I'll say this too, because it's part of my own honest story: there was a stretch where I added peptides to what I was already doing, and I noticed I felt stronger and more like myself. That's my personal experience, not advice, not science, not something I'd ever tell you to run out and try. If you're curious about anything like that, that's a conversation for you and a professional who actually knows your body. I'm just a woman telling you what worked for me.
Here's something I had to learn the hard way. Somewhere in the diaper years, I started treating anything I wanted for myself as a luxury I had to earn. I'd get to me after the laundry, after the lunches, after everyone else was handled. Which meant never.
That's backwards. You are not the last item on the list. You're the person holding the whole list up. When you keep filing your own needs under "someday," you teach yourself, and honestly you teach your kids, that mom's wants don't count. That's not selfless. That's just slowly erasing yourself in front of the people who love you most.
So put yourself on the actual schedule. Not the leftover minutes. Real minutes, on purpose. It feels selfish for about a week. Then it feels like breathing.
I used to think staying myself and being a good mom were in competition. Like every hour I spent on me was an hour stolen from them. What I've come to believe is the opposite.
Your kids don't need a mother who vanished into their needs. They need to watch a woman decide she matters.
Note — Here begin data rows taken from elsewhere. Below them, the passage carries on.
-- ===== src/Agenda/Budget/Admission.antt =====
-- src/pic_agentic/agenda/budget.py: the gate against the caps of a budget.
use pic_agentic.Common.{
  ℕ, ◌+◌, ◌≤◌, String, ◌≡◌, ◌↔◌, ◌⊎◌, true, false, ◌&&◌, Option, none, some, List, [], ◌∷◌, arith,
  inl, inr, refl, Bool-cases, elem, str_eq, eq_iff, eq_refl,
}
use mathlib.Core.List.{Memᴰ}
use mathlib.Core.List.Memᴰ.{head, tail, not-nil}
use pic_agentic.Common.Float.{Float, nan, add, IsAtMost, gtb→IsAtMost, IsAtMost→gtb}
use pic_agentic.Agenda.Budget.{
  Budget, BudgetUsage, ResourceRequest, over_count, over_hours, is_forbidden, check_admission,
}

-- A count that keeps its cap, if there is one.
abbrev pub IsWithin : Option ℕ → ℕ → Type 0
IsWithin none count = Unit
IsWithin (some cap) count = count ≤ cap

-- Hours that are at most their cap, if there is one. An excess is seen only between two numbers, so
-- `nan` passes on either side.
abbrev pub IsCovered : Option Float → Float → Type 0
IsCovered none hours = Unit
IsCovered (some cap) hours = IsAtMost hours cap ⊎ ((hours ≡ nan) ⊎ (cap ≡ nan))

-- A partition that the list names, if there is a list. No partition at all is none of them.
abbrev pub IsPermitted : Option (List String) → Option String → Type 0
IsPermitted none partition = Unit
IsPermitted (some allowed) none = ⊥
IsPermitted (some allowed) (some partition) = Memᴰ partition allowed

-- What admission is to guarantee: every cap holds with the request added. Caps are inclusive.
pub record IsAdmissible (budget : Budget) (usage : BudgetUsage) (request : ResourceRequest)
    : Type 0 where
  pub total : IsWithin budget.max_total_jobs (usage.jobs_submitted + 1)
  pub concurrent : IsWithin budget.max_concurrent_jobs (usage.jobs_running + 1)
  pub core : IsCovered budget.max_core_hours (add usage.core_hours request.est_core_hours)
  pub gpu :
      request.is_gpu ≡ true
      → IsCovered budget.max_gpu_hours (add usage.gpu_hours request.est_gpu_hours)
  pub partition : IsPermitted budget.allowed_partitions request.partition

over_count→IsWithin : (cap : Option ℕ) (n : ℕ) → over_count cap n ≡ false → IsWithin cap (n + 1)
over_count→IsWithin none n h = tt
over_count→IsWithin (some cap) n h = ground arith

IsWithin→over_count : (cap : Option ℕ) (n : ℕ) → IsWithin cap (n + 1) → over_count cap n ≡ false
IsWithin→over_count none n h = ground arith
IsWithin→over_count (some cap) n h = ground arith

over_hours→IsCovered :
    (cap : Option Float) (a b : Float) → over_hours cap a b ≡ false → IsCovered cap (add a b)
over_hours→IsCovered none a b h = tt
over_hours→IsCovered (some cap) a b h = gtb→IsAtMost (add a b) cap h

IsCovered→over_hours :
    (cap : Option Float) (a b : Float) → IsCovered cap (add a b) → over_hours cap a b ≡ false
IsCovered→over_hours none a b h = refl
IsCovered→over_hours (some cap) a b h = IsAtMost→gtb (add a b) cap h

elem→Memᴰ : (x : String) (xs : List String) → elem x xs ≡ true → Memᴰ x xs
unfolding elem
elem→Memᴰ x [] h = cc
elem→Memᴰ x (y ∷ ys) h = elim (Bool-cases (str_eq y x)) [
  | inl same ↦ rw ((eq_iff y x).0 same) (head refl)
  | inr other ↦ tail (elem→Memᴰ x ys (rw other at h))
]

Memᴰ→elem : (x : String) (xs : List String) → Memᴰ x xs → elem x xs ≡ true
unfolding elem
Memᴰ→elem x [] h = absurd (not-nil h)
Memᴰ→elem x (y ∷ ys) (head e) = rw (← e, eq_refl x) refl
Memᴰ→elem x (y ∷ ys) (tail h) = ground (arith, Memᴰ→elem x ys h)

forbidden→IsPermitted :
    (allowed : Option (List String)) (partition : Option String)
    → is_forbidden allowed partition ≡ false
    → IsPermitted allowed partition
forbidden→IsPermitted none partition h = tt
forbidden→IsPermitted (some allowed) none h = cc
forbidden→IsPermitted (some allowed) (some partition) h = elem→Memᴰ partition allowed (ground arith)

pub IsPermitted→forbidden :
    (allowed : Option (List String)) (partition : Option String)
    → IsPermitted allowed partition
    → is_forbidden allowed partition ≡ false
IsPermitted→forbidden none partition h = refl
IsPermitted→forbidden (some allowed) none h = absurd h
IsPermitted→forbidden (some allowed) (some partition) h = rw (Memᴰ→elem partition allowed h) refl

module _ (budget : Budget) (usage : BudgetUsage) (request : ResourceRequest) where
  -- The five tests of the gate.
  abbrev Passes : Type 0
  Passes =
      (over_count budget.max_total_jobs usage.jobs_submitted ≡ false)
      × (over_count budget.max_concurrent_jobs usage.jobs_running ≡ false)
      × (over_hours budget.max_core_hours usage.core_hours request.est_core_hours ≡ false)
      × ((request.is_gpu && over_hours budget.max_gpu_hours usage.gpu_hours request.est_gpu_hours)
          ≡ false)
      × (is_forbidden budget.allowed_partitions request.partition ≡ false)

  admitted-Passes : check_admission budget usage request ≡ none → Passes
  unfolding check_admission
  admitted-Passes h = (ground arith, ground arith, ground arith, ground arith, ground arith)

  Passes-admitted : Passes → check_admission budget usage request ≡ none
  unfolding check_admission
  Passes-admitted (a, b, c, d, e) = rw (a, b, c, d, e)

  Passes-IsAdmissible : Passes → IsAdmissible budget usage request
  Passes-IsAdmissible (a, b, c, d, e) = record {
    total = over_count→IsWithin budget.max_total_jobs usage.jobs_submitted a;
    concurrent = over_count→IsWithin budget.max_concurrent_jobs usage.jobs_running b;
    core = over_hours→IsCovered budget.max_core_hours usage.core_hours request.est_core_hours c;
    gpu = λ g.
        over_hours→IsCovered budget.max_gpu_hours usage.gpu_hours request.est_gpu_hours (rw g at d);
    partition = forbidden→IsPermitted budget.allowed_partitions request.partition e;
  }

  IsAdmissible-Passes : IsAdmissible budget usage request → Passes
  IsAdmissible-Passes h = (
    IsWithin→over_count budget.max_total_jobs usage.jobs_submitted h.total,
    IsWithin→over_count budget.max_concurrent_jobs usage.jobs_running h.concurrent,
    IsCovered→over_hours budget.max_core_hours usage.core_hours request.est_core_hours h.core,
    elim (Bool-cases request.is_gpu) [
      | inl g ↦ rw g (
          IsCovered→over_hours budget.max_gpu_hours usage.gpu_hours request.est_gpu_hours (h.gpu g))
      | inr g ↦ rw g refl
    ],
    IsPermitted→forbidden budget.allowed_partitions request.partition h.partition,
  )

-- A request is admitted exactly when every cap holds with it added.
pub check_admission_iff :
    (budget : Budget) (usage : BudgetUsage) (request : ResourceRequest)
    → (check_admission budget usage request ≡ none) ↔ IsAdmissible budget usage request
check_admission_iff budget usage request = (
  (λ h. Passes-IsAdmissible budget usage request (admitted-Passes budget usage request h)),
  (λ h. Passes-admitted budget usage request (IsAdmissible-Passes budget usage request h)),
)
They need to see you set a goal and chase it, mess it up, and try again. That's not a distraction from raising them. That is raising them. You're showing your daughters what a full woman looks like and showing your sons what a woman deserves. The version of you who takes up space is the better teacher, every single time.
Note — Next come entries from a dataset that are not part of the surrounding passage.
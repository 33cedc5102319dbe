-- ===== src/Agenda/Budget/Verdict.antt =====
-- src/pic_agentic/agenda/budget.py: the errors of the gate.
use pic_agentic.Common.{
  ℕ, ◌+◌, ◌≤◌, ◌<◌, String, ◌≡◌, true, ◌&&◌, Option, none, some, List, [], arith, inl, inr, refl,
  sym, ap₂, some-injective, if◌then◌else◌, Bool-cases,
}
use mathlib.Core.Path.{subst, subst₂}
use pic_agentic.Common.Float.{Float, add, IsAtMost→gtb}
use pic_agentic.Agenda.Budget.{
  Budget, BudgetUsage, ResourceRequest, Breach, job_budget_exhausted, concurrency_cap_reached,
  core_hours_exhausted, gpu_hours_exhausted, partition_not_allowed, cap_or, over_count, over_hours,
  is_forbidden, check_admission,
}
use pic_agentic.Agenda.Budget.Admission.{
  IsWithin, IsCovered, IsPermitted, IsAdmissible, IsPermitted→forbidden, check_admission_iff,
}

-- What an error says: the cap that the budget sets, the usage and the request, and that the cap does
-- not hold with the request added.
abbrev pub IsBroken : Budget → BudgetUsage → ResourceRequest → Breach → Type 0
IsBroken budget usage request (job_budget_exhausted used cap) =
    (used ≡ usage.jobs_submitted) × (budget.max_total_jobs ≡ some cap) × (cap < used + 1)
IsBroken budget usage request (concurrency_cap_reached used cap) =
    (used ≡ usage.jobs_running) × (budget.max_concurrent_jobs ≡ some cap) × (cap < used + 1)
IsBroken budget usage request (core_hours_exhausted used needed cap) =
    (used ≡ usage.core_hours)
    × (needed ≡ request.est_core_hours)
    × (budget.max_core_hours ≡ some cap)
    × ¬ IsCovered (some cap) (add used needed)
IsBroken budget usage request (gpu_hours_exhausted used needed cap) =
    (used ≡ usage.gpu_hours)
    × (needed ≡ request.est_gpu_hours)
    × (request.is_gpu ≡ true)
    × (budget.max_gpu_hours ≡ some cap)
    × ¬ IsCovered (some cap) (add used needed)
IsBroken budget usage request (partition_not_allowed partition allowed) =
    (partition ≡ request.partition)
    × (budget.allowed_partitions ≡ some allowed)
    × ¬ IsPermitted (some allowed) partition

over_count→IsOver :
    (cap : Option ℕ) (n : ℕ)
    → over_count cap n ≡ true
    → (cap ≡ some (cap_or cap 0)) × (cap_or cap 0 < n + 1)
over_count→IsOver none n h = cc
over_count→IsOver (some cap) n h = (refl, ground arith)

over_hours→IsOver :
    (cap : Option Float) (used needed : Float)
    → over_hours cap used needed ≡ true
    → (cap ≡ some (cap_or cap used)) × ¬ IsCovered (some (cap_or cap used)) (add used needed)
over_hours→IsOver none used needed h = cc
over_hours→IsOver (some cap) used needed h =
    (refl, λ fits. let clear = IsAtMost→gtb (add used needed) cap fits in cc)

forbidden→IsBarred :
    (allowed : Option (List String)) (partition : Option String)
    → is_forbidden allowed partition ≡ true
    → (allowed ≡ some (cap_or allowed [])) × ¬ IsPermitted (some (cap_or allowed [])) partition
forbidden→IsBarred none partition h = cc
forbidden→IsBarred (some allowed) partition h =
    (refl, λ fits. let clear = IsPermitted→forbidden (some allowed) partition fits in cc)

-- What the gate answers: an admissible request, or an error that is true of it.
abbrev pub Verdict : Budget → BudgetUsage → ResourceRequest → Option Breach → Type 0
Verdict budget usage request none = IsAdmissible budget usage request
Verdict budget usage request (some breach) =
    IsBroken budget usage request breach × ¬ IsAdmissible budget usage request

IsBroken-excludes :
    (budget : Budget) (usage : BudgetUsage) (request : ResourceRequest) (breach : Breach)
    → IsBroken budget usage request breach
    → ¬ IsAdmissible budget usage request
IsBroken-excludes budget usage request (job_budget_exhausted used cap) (e, set, over) h =
    let fits : used + 1 ≤ cap =
      subst₂ (λ (c : Option ℕ) (n : ℕ). IsWithin c (n + 1)) set (sym e) (h.total) in
    omega arith
IsBroken-excludes budget usage request (concurrency_cap_reached used cap) (e, set, over) h =
    let fits : used + 1 ≤ cap =
      subst₂ (λ (c : Option ℕ) (n : ℕ). IsWithin c (n + 1)) set (sym e) (h.concurrent) in
    omega arith
IsBroken-excludes budget usage request (core_hours_exhausted used needed cap) (e, k, set, over) h =
    over (subst₂ IsCovered set (sym (ap₂ add e k)) (h.core))
IsBroken-excludes budget usage request (gpu_hours_exhausted used needed cap) (e, k, g, set, over)
      h =
    over (subst₂ IsCovered set (sym (ap₂ add e k)) (h.gpu g))
IsBroken-excludes budget usage request (partition_not_allowed partition allowed) (e, set, over) h =
    over (subst₂ IsPermitted set (sym e) (h.partition))

module _ (budget : Budget) (usage : BudgetUsage) (request : ResourceRequest) where
  told :
      (b breach : Breach)
      → IsBroken budget usage request b
      → some b ≡ some breach
      → IsBroken budget usage request breach
  told b breach true_of e = subst (IsBroken budget usage request) (some-injective e) true_of

  -- The same behind the caps on jobs.
  hours_or_partition :
      (breach : Breach)
      → (if over_hours budget.max_core_hours usage.core_hours request.est_core_hours
          then some (
              core_hours_exhausted usage.core_hours request.est_core_hours
                (cap_or budget.max_core_hours usage.core_hours))
          else if request.is_gpu
              && over_hours budget.max_gpu_hours usage.gpu_hours request.est_gpu_hours
          then some (
              gpu_hours_exhausted usage.gpu_hours request.est_gpu_hours
                (cap_or budget.max_gpu_hours usage.gpu_hours))
          else if is_forbidden budget.allowed_partitions request.partition
          then some (partition_not_allowed request.partition (cap_or budget.allowed_partitions []))
          else none)
        ≡ some breach
      → IsBroken budget usage request breach
  hours_or_partition breach h =
      elim (Bool-cases (over_hours budget.max_core_hours usage.core_hours request.est_core_hours)) [
        | inl c ↦
            let (set, over) =
              over_hours→IsOver budget.max_core_hours usage.core_hours request.est_core_hours c in
            told _ breach (refl, refl, set, over) (rw c at h)
        | inr c ↦
            elim (Bool-cases (
              request.is_gpu
              && over_hours budget.max_gpu_hours usage.gpu_hours request.est_gpu_hours)) [
                | inl g ↦
                    let (set, over) =
                      over_hours→IsOver budget.max_gpu_hours usage.gpu_hours request.est_gpu_hours
                        (ground (arith, g)) in
                    told _ breach (refl, refl, ground (arith, g), set, over) (rw (c, g) at h)
                | inr g ↦
                    elim (Bool-cases (is_forbidden budget.allowed_partitions request.partition)) [
                      | inl f ↦
                          let (set, over) =
                            forbidden→IsBarred budget.allowed_partitions request.partition f in
                          told _ breach (refl, set, over) (rw (c, g, f) at h)
                      | inr f ↦ let never = rw (c, g, f) at h in cc
                    ]
              ]
      ]

  -- The error of a gate that refuses is true.
  refused-IsBroken :
      (breach : Breach)
      → check_admission budget usage request ≡ some breach
      → IsBroken budget usage request breach
  unfolding check_admission
  refused-IsBroken breach h =
      elim (Bool-cases (over_count budget.max_total_jobs usage.jobs_submitted)) [
        | inl t ↦
            let (set, over) = over_count→IsOver budget.max_total_jobs usage.jobs_submitted t in
            told _ breach (refl, set, over) (rw t at h)
        | inr t ↦ elim (Bool-cases (over_count budget.max_concurrent_jobs usage.jobs_running)) [
          | inl c ↦
              let (set, over) = over_count→IsOver budget.max_concurrent_jobs usage.jobs_running c in
              told _ breach (refl, set, over) (rw (t, c) at h)
          | inr c ↦ hours_or_partition breach (rw (t, c) at h)
        ]
      ]

  given :
      (o : Option Breach)
      → check_admission budget usage request ≡ o
      → Verdict budget usage request o
  given none h = (check_admission_iff budget usage request).0 h
  given (some breach) h =
      let broken = refused-IsBroken breach h in
      (broken, IsBroken-excludes budget usage request breach broken)

  -- The gate admits a request only where the job counts keep their caps with it added, the hours do too
  -- (or the sum or the cap is nan), and the partition is in the list, if there is one; GPU hours count
  -- for GPU jobs only. A request that it refuses fails one of these, and the error names one that it
  -- fails, with the budget, the usage and the request as they are.
  pub check_admission-Verdict : Verdict budget usage request (check_admission budget usage request)
  check_admission-Verdict = given (check_admission budget usage request) refl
God didn't hand you these roles and then ask you to disappear inside them. He built you as a whole person first. Being a mom is one of the biggest things you'll ever be, but it was never meant to be the only thing you are. Don't let the world, or the guilt, or the endless to-do list, dim the light He put in you.
Stop waiting to "find yourself" like she's a set of car keys you'll locate all at once. That's not how it works, and the waiting just keeps you stuck.
You find yourself in the doing. One walk. One decision you made without asking permission. One morning you did the thing that's just yours before the house woke up. You'll rebuild her the same way you built the mom you became, one ordinary day at a time, showing up before you feel ready.
Some mornings I put on a shirt that says something strong across the front, and honestly it helps. Not because a shirt changes anything, but because on the days I don't feel like her yet, it reminds me she's coming. That's all. A little nudge that says keep going.
You didn't lose yourself between the diapers and the carpool. You were carrying everyone. Now it's your turn to carry a little something for you, and I promise, she's closer than you think.